CLIMAT LANCÔME: lujo con el sello de la rosa

climatCuando en 1935 el perfumista francés Armand Petitjean fundó la marca Lancôme, sabía perfectamente lo que quería. Y lo que quería era contarle al mundo lo que representa el estilo y el gusto francés. Petitjean amaba cuatro cosas: Francia, las mujeres, el lujo y las flores. Así es como la rosa se convirtió en el símbolo de la nueva marca. En aquel entonces, la recién creada casa Lancôme presentó en la exposición mundial de Bruselas cinco perfumes y dos colonias. Además, se exhibieron barras labiales y polvos de maquillaje. Fue todo un lujo, y Lancôme maravilló a los miles de asistentes de la exposición. Medio año después, los productos de la compañía ya gozaban de gran popularidad en 30 países alrededor del mundo.

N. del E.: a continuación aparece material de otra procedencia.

-- ===== src/Wire/Peers.antt =====
-- A request for peers on the wire, which is a number, and the answer to it: a message of one part, a
-- list of messages of two.
pub mod RoundTrip
use go_clarinet.Base.{List, [], ◌∷◌, ◌++◌, map, Bytes}
use go_clarinet.Base.Int.{ℤ}
use go_clarinet.Peer.{Peer}
use go_clarinet.Wire.Decimal.{format_int, atoi}
use go_clarinet.Wire.Parts.{
  Parse, parsed, crashed, or_fail, bad_number, ◌>>=◌, get_parts, serialize_slice, deserialize_slice,
  terminated,
}
use go_clarinet.Wire.Messages.{Texts, encode_peer_id, decode_peer_id}

unfoldable pub serialize_peers_request : ℤ → Bytes
serialize_peers_request num = terminated (format_int num ∷ [])

peers_request_of : List Bytes → Parse ℤ
peers_request_of (num ∷ []) = or_fail (bad_number num) (atoi num)
peers_request_of _ = crashed

unfoldable pub deserialize_peers_request : Bytes → Parse ℤ
unfolding peers_request_of
deserialize_peers_request s = do parts ← get_parts s 1; peers_request_of parts

module _ (texts : Texts) where
  -- `fmt.Sprintf("%s.%s;", encodePeerID(p.ID()), addrs)`
  peer_text : Peer → Bytes
  peer_text p = terminated (encode_peer_id texts p.id ∷ serialize_slice p.addresses ∷ [])

  unfoldable pub serialize_peers_response : List Peer → Bytes
  unfolding peer_text
  serialize_peers_response peers = terminated (serialize_slice (map peer_text peers) ∷ [])

  peer_of : List Bytes → Parse Peer
  peer_of (id ∷ addrs ∷ []) = do
    peer_id ← decode_peer_id texts id
    addr_strs ← deserialize_slice addrs
    parsed (record { id = peer_id; addresses = addr_strs })
  peer_of _ = crashed

  peers_of : List Bytes → Parse (List Peer)
  unfolding peer_of
  peers_of [] = parsed []
  peers_of (s ∷ ss) = do parts ← get_parts s 2; p ← peer_of parts; ps ← peers_of ss; parsed (p ∷ ps)

  list_of : List Bytes → Parse (List Peer)
  unfolding peers_of
  list_of (strs ∷ []) = do peer_strs ← deserialize_slice strs; peers_of peer_strs
  list_of _ = crashed

  unfoldable pub deserialize_peers_response : Bytes → Parse (List Peer)
  unfolding list_of
  deserialize_peers_response s = do parts ← get_parts s 1; list_of parts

El mundo jamás había presenciado semejante tasa de expansión en el mercado mundial de los cosméticos. Habiendo experimentado semejante éxito, Petitjean jamás se detuvo en su deseo de mostrarle al mundo la imagen de la belleza y el lujo francés. En el año 1967, tres años antes del fallecimiento del fundador de la casa Lancôme, esta imagen estaba grabada en el perfume Climat, la fragancia más importante, favorita y famosa en la historia de la marca. Creada por el perfumista Gerard Goupy, Climat se convirtió prácticamente al instante en un símbolo de la época. Hubo insinuaciones de que la fragancia no era nada nuevo, pero la casa Lancôme tampoco ocultaba el hecho de que el prototipo de Climat era el perfume Worth Je Reviens, vendido en los años 30. Sin embargo, Climat tenía un olor más tangible y un color verdoso pálido más agradable, por lo cual a menudo era comparado con la piedra de nefrita. ¿Pero qué es lo que tenía de especial este perfume? Al principio sentías como si aparecieras en un jardín repleto de fragancias florales: las violetas, los muguetes, los narcisos y los jazmines te envuelven en un torbellino de olores y de repente abren paso y aparece la rosa, la reina de todas las flores. Habiendo mostrado toda su grandeza, su majestad la rosa se aleja acompañada de un séquito de flores fragantes. Y tan solo queda un tierno rastro, un ligero toque a almizcle con notas de fresco vétiver.

 

Climat ocupó un lugar privilegiado junto a otras creaciones de los perfumes más destacados de los años 60 y prácticamente se convirtió en el mejor seguidor de las tradiciones de la casa Chanel, la cual en su momento puso de moda los aromas florales aldehídicos, el progenitor de los cuales fue el mítico Chanel N.º 5. Dato curioso: Climat, a diferencia de otros perfumes, gozaba de una colosal popularidad en la URSS. Este hecho tiene una explicación muy simple: Lancôme organizó su producción de perfumes en el territorio de Polonia. En la icónica película soviética ‘La ironía del destino, o ¡qué disfrutes del baño!’, estrenada en el año 1975, la protagonista Nadia recibe un regalo de su amado, el regalo es el perfume Climat. Por cierto, aproximadamente en aquella época la casa Lancôme dejó de producir Climat. ¿Por qué motivo? El flujo de la vida no se detenía, los perfumistas creaban nuevas fragancias. Hoy en día hacerse con un Climat en su primera edición es casi imposible, aunque los fans del legendario perfume todavía tienen una posibilidad. En 2005, Lancôme, celebrando su solemne 70 aniversario, decidió traer de vuelta a la vida unas cuantas fragancias clásicas, entre los cuales se encontraba Climat. Sin embargo, el Climat moderno de Lancôme tienen poco que ver con el lujoso perfume que se fabricaba anteriormente. Pero aún así sus perfumes continúan siendo todo un símbolo de lujo y feminidad.